* Given data *
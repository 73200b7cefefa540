-- ===== src/System/Consistent.antt =====
-- The settings that the readers of src/proxylib/system/ give: whether their state says what they hold.
use proxylib.Prelude.{
  ℕ, ◌≡◌, refl, ◌∙◌, ap, subst, Bool, true, false, not, ◌||◌, Option, none, some, List, [], ◌∷◌,
  arith, if◌then◌else◌, is_nil, is_some, is_some, or_else, All, Bool-cases, Option-cases, inl, inr,
}
use proxylib.Python.Exec.{os_error, is_a, Result, ok, raise, ◌>>=◌, Result-cases}
use proxylib.Python.Text.{Text, text, is_empty, ◌==◌}
use proxylib.Python.Dict.{Dict}
use proxylib.Net.{Netimps}
use proxylib.Proxy.{Proxy}
use proxylib.BypassRules.{whole, items, parse}
use proxylib.SystemConfig.{ProxyConfig}
use proxylib.System.{is_configured, kde_config, kde_rules, kde_manual, kde_read_config, field_of}
use proxylib.System.Scutil.{
  Fields, empty, field, scutil_proxies, scutil_pac_url, scutil_rules, scutil_config,
  config_from_scutil,
}
use proxylib.System.Windows.{IeProxySettings, config_from_ie, windows_config}
use proxylib.System.NetworkManager.{method_of, nm_config, nm_read_config}
use proxylib.System.Gsettings.{
  Machine, gsettings_config, string_list, gsettings_manual, config_for_mode,
}
use proxylib.System.Posix.{Reader, read_first, readers, posix_read_config}

-- something to ask is switched on: auto-detection, a PAC or a proxy
abbrev pub has_source : ProxyConfig → Bool
has_source c = c.auto_detect || is_some c.pac_url || is_some c.pac_script || not (is_nil c.proxies)

abbrev pub Consistent : ProxyConfig → Type 0
Consistent c = is_configured c ≡ has_source c

abbrev pub ConsistentOption : Option ProxyConfig → Type 0
ConsistentOption none = Unit
ConsistentOption (some c) = Consistent c

abbrev pub ConsistentResult : Result (Option ProxyConfig) → Type 0
ConsistentResult (raise e) = Unit
ConsistentResult (ok found) = ConsistentOption found

ConsistentResult-if :
    (b : Bool) (p q : Result (Option ProxyConfig))
    → ConsistentResult p
    → ConsistentResult q
    → ConsistentResult (if b then p else q)
ConsistentResult-if true p q hp hq = hp
ConsistentResult-if false p q hp hq = hq

ConsistentOption-or_else :
    (first : Option ProxyConfig) (c : ProxyConfig)
    → ConsistentOption first
    → Consistent c
    → Consistent (or_else first c)
ConsistentOption-or_else none c f h = h
ConsistentOption-or_else (some d) c f h = f

module _ ⦃net : Netimps⦄ where
  nm_config-Consistent : (settings : Dict Text Text) → ConsistentOption (nm_config settings)
  unfolding nm_config
  nm_config-Consistent settings = elim (Bool-cases (method_of settings == text "auto")) [
    | inl auto ↦ rw (nm_config, auto) (ground arith)
    | inr other ↦ rw (nm_config, other) tt
  ]

  nm_read_config-Consistent :
      (nmcli dbus : Option (Dict Text Text)) → ConsistentOption (nm_read_config nmcli dbus)
  unfolding nm_read_config
  nm_read_config-Consistent none none = tt
  nm_read_config-Consistent none (some []) = tt
  nm_read_config-Consistent none (some (e ∷ es)) = nm_config-Consistent (e ∷ es)
  nm_read_config-Consistent (some []) none = tt
  nm_read_config-Consistent (some []) (some []) = tt
  nm_read_config-Consistent (some []) (some (e ∷ es)) = nm_config-Consistent (e ∷ es)
  nm_read_config-Consistent (some (e ∷ es)) dbus = nm_config-Consistent (e ∷ es)

  kde_manual-Consistent :
      (section : Dict Text Text) → ConsistentResult (do c ← kde_manual section; ok (some c))
  unfolding kde_manual kde_config
  kde_manual-Consistent section = elim (Result-cases (kde_rules section)) [
    | inl (rules, e) ↦ rw (kde_manual, e) (ground arith)
    | inr (x, e) ↦ rw (kde_manual, e) tt
  ]

  abbrev kde_type : Dict Text Text → Text
  kde_type section = field_of section (text "proxytype") (text "0")

  kde-Consistent : (section : Option (Dict Text Text)) → ConsistentResult (kde_read_config section)
  unfolding kde_read_config kde_config
  kde-Consistent none = tt
  kde-Consistent (some section) = elim (Bool-cases (kde_type section == text "0")) [
    | inl e ↦ rw (kde_read_config, e) refl
    | inr e0 ↦ elim (Bool-cases (kde_type section == text "3")) [
      | inl e ↦ rw (kde_read_config, e0, e) refl
      | inr e3 ↦ elim (Bool-cases (kde_type section == text "2")) [
        | inl e ↦ elim (Bool-cases (is_empty (field_of section (text "proxy config script") []))) [
          | inl blank ↦ rw (kde_read_config, e0, e3, e, blank) tt
          | inr given ↦ rw (kde_read_config, e0, e3, e, given) refl
        ]
        | inr e2 ↦ elim (Bool-cases (kde_type section == text "1")) [
          | inl e ↦ rw (kde_read_config, e0, e3, e2, e) (kde_manual-Consistent section)
          | inr e ↦ rw (kde_read_config, e0, e3, e2, e) tt
        ]
      ]
    ]
  ]

  scutil-Consistent : (settings : Fields) → ConsistentResult (config_from_scutil settings)
  unfolding config_from_scutil scutil_config
  scutil-Consistent empty = tt
  scutil-Consistent (field k v fs) = elim (Result-cases (scutil_proxies (field k v fs))) [
    | inr (x, e) ↦ rw (config_from_scutil, e) tt
    | inl (proxies, p) ↦ elim (Result-cases (scutil_pac_url (field k v fs))) [
      | inr (x, e) ↦ rw (config_from_scutil, p, e) tt
      | inl (pac_url, u) ↦ elim (Result-cases (scutil_rules (field k v fs))) [
        | inr (x, e) ↦ rw (config_from_scutil, p, u, e) tt
        | inl (rules, r) ↦ rw (config_from_scutil, p, u, r) (ground arith)
      ]
    ]
  ]

  windows-Consistent :
      (found : Result (Option IeProxySettings)) → ConsistentResult (windows_config found)
  unfolding windows_config config_from_ie
  windows-Consistent (raise e) = ConsistentResult-if (is_a e os_error) (ok none) (raise e) tt tt
  windows-Consistent (ok none) = tt
  windows-Consistent (ok (some ie)) =
      elim (Result-cases (parse (whole (or_else ie.proxy_bypass [])) (text "wininet") false)) [
        | inr (x, e) ↦ rw (windows_config, config_from_ie, e) tt
        | inl (rules, e) ↦ rw (windows_config, config_from_ie, e) (ground arith)
      ]

  gsettings_manual-Consistent :
      (source : Text) (proxies : Dict Text Proxy) (hosts : Text)
      → ConsistentResult (gsettings_manual source proxies hosts)
  unfolding gsettings_manual
  gsettings_manual-Consistent source proxies hosts =
      elim (Result-cases (parse (items (string_list hosts)) (text "gsettings") false)) [
        | inr (x, e) ↦ rw (gsettings_manual, e) tt
        | inl (rules, e) ↦ rw (gsettings_manual, e) (ground arith)
      ]

module _ {S : Type 0} ⦃net : Netimps⦄ (clock : S → ℕ)
    (run : Text → S → Option (List Text) × S) where
  config_for_mode-Consistent :
      (schema source : Text) (mode : Option Text) (m : Machine S)
      → ConsistentResult (config_for_mode clock run schema source mode m).0
  unfolding config_for_mode
  config_for_mode-Consistent schema source none m = tt
  config_for_mode-Consistent schema source (some mode) m = elim (Bool-cases (mode == text "none")) [
    | inl e ↦ rw (config_for_mode, e) refl
    | inr e0 ↦ elim (Bool-cases (mode == text "auto")) [
      | inl e ↦ rw (config_for_mode, e0, e) (ground arith)
      | inr e1 ↦ elim (Bool-cases (mode == text "manual")) [
        | inl e ↦ rw (config_for_mode, e0, e1, e) (gsettings_manual-Consistent _ _ _)
        | inr e ↦ rw (config_for_mode, e0, e1, e) tt
      ]
    ]
  ]

module _ {S : Type 0} where
  abbrev ConsistentReader : Reader S → Type 0
  ConsistentReader reader = (s : S) → ConsistentResult (reader s).0

  read_first-Consistent :
      (first : Option ProxyConfig) (rs : List (Reader S)) (s : S)
      → ConsistentOption first
      → All ConsistentReader rs
      → ConsistentResult (read_first first rs s).0
  unfolding read_first
  read_first-Consistent first [] s f all_ok = f
  read_first-Consistent first (reader ∷ rs) s f (here, later) = elim (Result-cases (reader s).0) [
    | inr (x, e) ↦ rw (read_first, e) tt
    | inl (found, e) ↦ elim (Option-cases found) [
      | inl n ↦ rw (read_first, e, n) (read_first-Consistent first rs (reader s).1 f later)
      | inr (c, n) ↦
          let this : Consistent c = subst ConsistentResult (e ∙ ap ok n) (here s) in
          elim (Bool-cases (is_configured c)) [
            | inl yes' ↦ rw (read_first, e, n, yes') this
            | inr other ↦
                rw (read_first, e, n, other)
                  (read_first-Consistent (some (or_else first c)) rs (reader s).1
                    (ConsistentOption-or_else first c f this) later)
          ]
    ]
  ]

module _ {S : Type 0} ⦃net : Netimps⦄ where
  -- The settings that a POSIX desktop gives, from whichever source, say what they hold: their state is
  -- "configured" exactly when auto-detection, a PAC or at least one proxy is switched on.
  pub posix_read_config-Consistent :
      (clock : S → ℕ) (run : Text → S → Option (List Text) × S)
      (kde nmcli dbus : Option (Dict Text Text)) (m : Machine S) (c : ProxyConfig)
      → (posix_read_config clock run kde nmcli dbus m).0 ≡ ok (some c)
      → is_configured c ≡ has_source c
  unfolding posix_read_config readers gsettings_config
  posix_read_config-Consistent clock run kde nmcli dbus m c h = subst ConsistentResult h (
      read_first-Consistent none _ m tt (
        (λ s. config_for_mode-Consistent clock run _ _ _ _),
        (
          (λ s. config_for_mode-Consistent clock run _ _ _ _),
          ((λ s. kde-Consistent kde), ((λ s. nm_read_config-Consistent nmcli dbus), tt)),
        ),
      ))
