-- ===== src/Examples/Machines.antt =====
-- The settings and the resolvers of an OS, at concrete inputs.
use proxylib.Prelude.{ℕ, ◌≡◌, refl, Bool, true, false, Option, none, some, List, [], ◌∷◌}
use proxylib.Python.Exec.{ok, raise, key_error}
use proxylib.Python.Text.{Text, text, ends_with, lstrip, rstrip, is_space, ◌==◌}
use proxylib.Python.Dict
use proxylib.Python.Dict.{Dict}
use proxylib.SystemConfig.{ProxyConfig, configured, empty_config}
use proxylib.System.{is_configured, kde_read_config}
use proxylib.System.Gsettings.{
  Machine, list_recursively, fresh_listing, listing_of, gsettings_get, gsettings_config,
  config_for_mode, base_schema, without_suffix,
}
use proxylib.System.NetworkManager.{nm_read_config, nm_config, method_of, stripped_at, script_of}
use proxylib.System.Posix.{posix_read_config, read_first, readers}
use proxylib.System.Consistent.{has_source, posix_read_config-Consistent}
use proxylib.System.Windows.{IeProxySettings, Queried, refused, winhttp_getitem}
use proxylib.Samples.{offline}

abbrev dump : List Text
dump =
    text "<dictionary> {"
    ∷ text "  ExceptionsList : <array> {"
    ∷ text "    0 : *.local"
    ∷ text "  }"
    ∷ text "  HTTPEnable : 1"
    ∷ text "}"
    ∷ []

-- a machine whose clock counts the programs run, without gsettings
abbrev no_gsettings : Text → ℕ → Option (List Text) × ℕ
no_gsettings schema s = (none, s)

abbrev bare : Machine ℕ
bare = record { cache = []; rest = 5 }

abbrev nmcli_auto : Dict Text Text
nmcli_auto = (text "method", text "auto") ∷ (text "pac-url", text "http://x/p") ∷ []

abbrev nm_settings : ProxyConfig
nm_settings = record empty_config {
  source = text "networkmanager";
  state = configured;
  pac_url = some (text "http://x/p");
}

nm_read :
    (posix_read_config (λ s. s) no_gsettings none (some nmcli_auto) none bare).0
    ≡ ok (some nm_settings)
unfolding posix_read_config read_first readers gsettings_config config_for_mode gsettings_get ◌==◌
    base_schema without_suffix ends_with Dict.get list_recursively fresh_listing listing_of Dict.set
    kde_read_config nm_read_config nm_config method_of stripped_at script_of lstrip rstrip is_space
nm_read = refl

posix_read_config-Consistent_example : is_configured nm_settings ≡ has_source nm_settings
posix_read_config-Consistent_example =
    posix_read_config-Consistent (λ s. s) no_gsettings none (some nmcli_auto) none bare nm_settings
      nm_read

bare_stale : fresh_listing (λ s. s) (text "a") bare ≡ none
unfolding fresh_listing Dict.get
bare_stale = refl

-- WinHTTP, where each call fails
abbrev ie : IeProxySettings
ie = record { auto_detect = true; auto_config_url = none; proxy = none; proxy_bypass = none }

abbrev failing : Text → Bool → Text → Bool → ℕ → Queried × ℕ
failing url auto_detect auto_config_url auto_logon s = (refused 12180, s)

closed_session :
    (winhttp_getitem (λ s. (ok (some ie), s)) failing false (text "http://x") 5).0 ≡ raise key_error
unfolding winhttp_getitem
closed_session = refl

* Brief *
Within the listing above, give again exactly every line from the line with "windows-Consistent (ok none) = tt" through the line with "unfolding config_for_mode", both included, and no other line.

* Written solution *
  windows-Consistent (ok none) = tt
  windows-Consistent (ok (some ie)) =
      elim (Result-cases (parse (whole (or_else ie.proxy_bypass [])) (text "wininet") false)) [
        | inr (x, e) ↦ rw (windows_config, config_from_ie, e) tt
        | inl (rules, e) ↦ rw (windows_config, config_from_ie, e) (ground arith)
      ]

  gsettings_manual-Consistent :
      (source : Text) (proxies : Dict Text Proxy) (hosts : Text)
      → ConsistentResult (gsettings_manual source proxies hosts)
  unfolding gsettings_manual
  gsettings_manual-Consistent source proxies hosts =
      elim (Result-cases (parse (items (string_list hosts)) (text "gsettings") false)) [
        | inr (x, e) ↦ rw (gsettings_manual, e) tt
        | inl (rules, e) ↦ rw (gsettings_manual, e) (ground arith)
      ]

module _ {S : Type 0} ⦃net : Netimps⦄ (clock : S → ℕ)
    (run : Text → S → Option (List Text) × S) where
  config_for_mode-Consistent :
      (schema source : Text) (mode : Option Text) (m : Machine S)
      → ConsistentResult (config_for_mode clock run schema source mode m).0
  unfolding config_for_mode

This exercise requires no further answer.